Nic Carter, cofounder of Coin Metrics, summed up this new thinking in an interview on Yahoo Finance Live, saying, “Now we have a nonzero correlation between Bitcoin and risk assets, in particular long duration tech stocks, things like that.” He attributed this to what he called “cryptocurrencies being financialized, and being incorporated into the mainstream financial apparatus.”
The translation: In the past year, crypto investing has gone mainstream—like being long an ETF that holds a basket of tech stocks.
The data seemed to back up this belief that a new correlation was forming. After all, crypto and tech stocks had a great run in Q4, 2021, and then both asset classes dramatically underperformed last month.

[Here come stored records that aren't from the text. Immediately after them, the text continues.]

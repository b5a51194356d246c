-- ===== src/Identity.antt =====
-- lib/DeviceIdentity/DeviceIdentity.h and DeviceIdentity.cpp: the names of one unit. A text is the
-- list of its bytes; the six bytes of the MAC address and the saved settings are arguments, `none`
-- where no settings store is bound.
pub mod Labels
pub mod Names
mod Tests
use rfid_access.Base.{
  ℕ, zero, suc, ◌+◌, ◌-◌, ◌/◌, ◌%◌, Bool, true, false, not, ◌&&◌, ◌||◌, List, [], ◌∷◌, ◌++◌, Option,
  none, some, ltb, leb, if◌then◌else◌, length, take, Text, is_empty,
}

-- 'A' is 65 and 'a' is 97.
abbrev pub to_lower : ℕ → ℕ
to_lower c = if leb 65 c && leb c 90 then (c - 65) + 97 else c

-- `valid`: a lower-case letter or a digit.
abbrev pub is_alnum : ℕ → Bool
is_alnum c = (leb 97 c && leb c 122) || (leb 48 c && leb c 57)

abbrev pub dash : ℕ
dash = 45

-- `if (pendingSep && out.length()) out += '-'`.
abbrev pub with_separator : Text → Bool → Text
with_separator out pending = if pending && not (is_empty out) then out ++ (dash ∷ []) else out

-- The loop of sanitizeLabel over the rest of the input.
unfoldable pub sanitize_from : Text → Bool → Text → Text
sanitize_from out pending [] = out
sanitize_from out pending (c ∷ cs) =
    let d = to_lower c in
    let out' = with_separator out pending ++ (d ∷ []) in
    let kept = sanitize_from out' false cs in
    let skipped = sanitize_from out true cs in
    if is_alnum d then (if leb 63 (length out') then out' else kept) else skipped

unfoldable pub sanitize_label : Text → Text
sanitize_label input = sanitize_from [] false input

-- `%02x` of a byte.
abbrev pub hex_digit : ℕ → ℕ
hex_digit d = if ltb d 10 then d + 48 else d + 87

abbrev pub hex_byte : ℕ → Text
hex_byte b = hex_digit (b / 16) ∷ hex_digit (b % 16) ∷ []

-- The fourth, fifth and sixth byte of the MAC address.
pub record Mac : Type 0 where
  pub b3 : ℕ
  pub b4 : ℕ
  pub b5 : ℕ

-- begin: snprintf writes at most 39 bytes.
unfoldable pub device_id : Text → Mac → Text
unfolding sanitize_label
device_id prefix mac =
    sanitize_label
      (take 39 (prefix ++ (dash ∷ (hex_byte mac.b3 ++ (hex_byte mac.b4 ++ hex_byte mac.b5)))))

-- hostname: the name in the settings, or the device's.
unfoldable pub hostname : Option Text → Text → Text
unfolding sanitize_label
hostname none id = id
hostname (some saved) id =
    let label = sanitize_label saved in if not (is_empty label) then label else id

-- doorName and displayName.
unfoldable pub display_name : Option Text → Option Text → Text → Text
unfolding hostname
display_name none saved id = hostname saved id
display_name (some door) saved id = if not (is_empty door) then door else hostname saved id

Bitcoin fell 17% in January (Dogecoin and Ethereum’s Ether fared even worse) while the tech-heavy Nasdaq suffered a double-digit decline through the Jan. 27 close.
But suddenly this markets wisdom is being tested. Aided by knockout earnings from the likes of Apple, Microsoft, and Google’s Alphabet in the past week, tech stocks are suddenly posting impressive gains again. The Nasdaq has rallied nearly 1,000 points over the past three trading sessions, good for a 7.5% gain.
And the rally looks like it still has legs.
In premarket trading on Wednesday, Nasdaq futures were climbing 1.6% at 5 a.m. ET, looking to notch a fourth straight day of gains. Among the stocks to watch is Alphabet, up a whopping 10% as investors cheer its 20-for-1 stock split.
And crypto? It’s been, at best, a big snooze. Bitcoin was trading at $38,500—essentially flat over the past 24 hours. It’s been under $40,000 for the past four weeks, and continues to trade around 20% below the closely watched 200-day moving average.
It’s not the price action that’s frustrating crypto bulls, but the lackluster volumes. As the Market Ear blog reports, Bitcoin trading volumes sank in mid-January, and have yet to recover.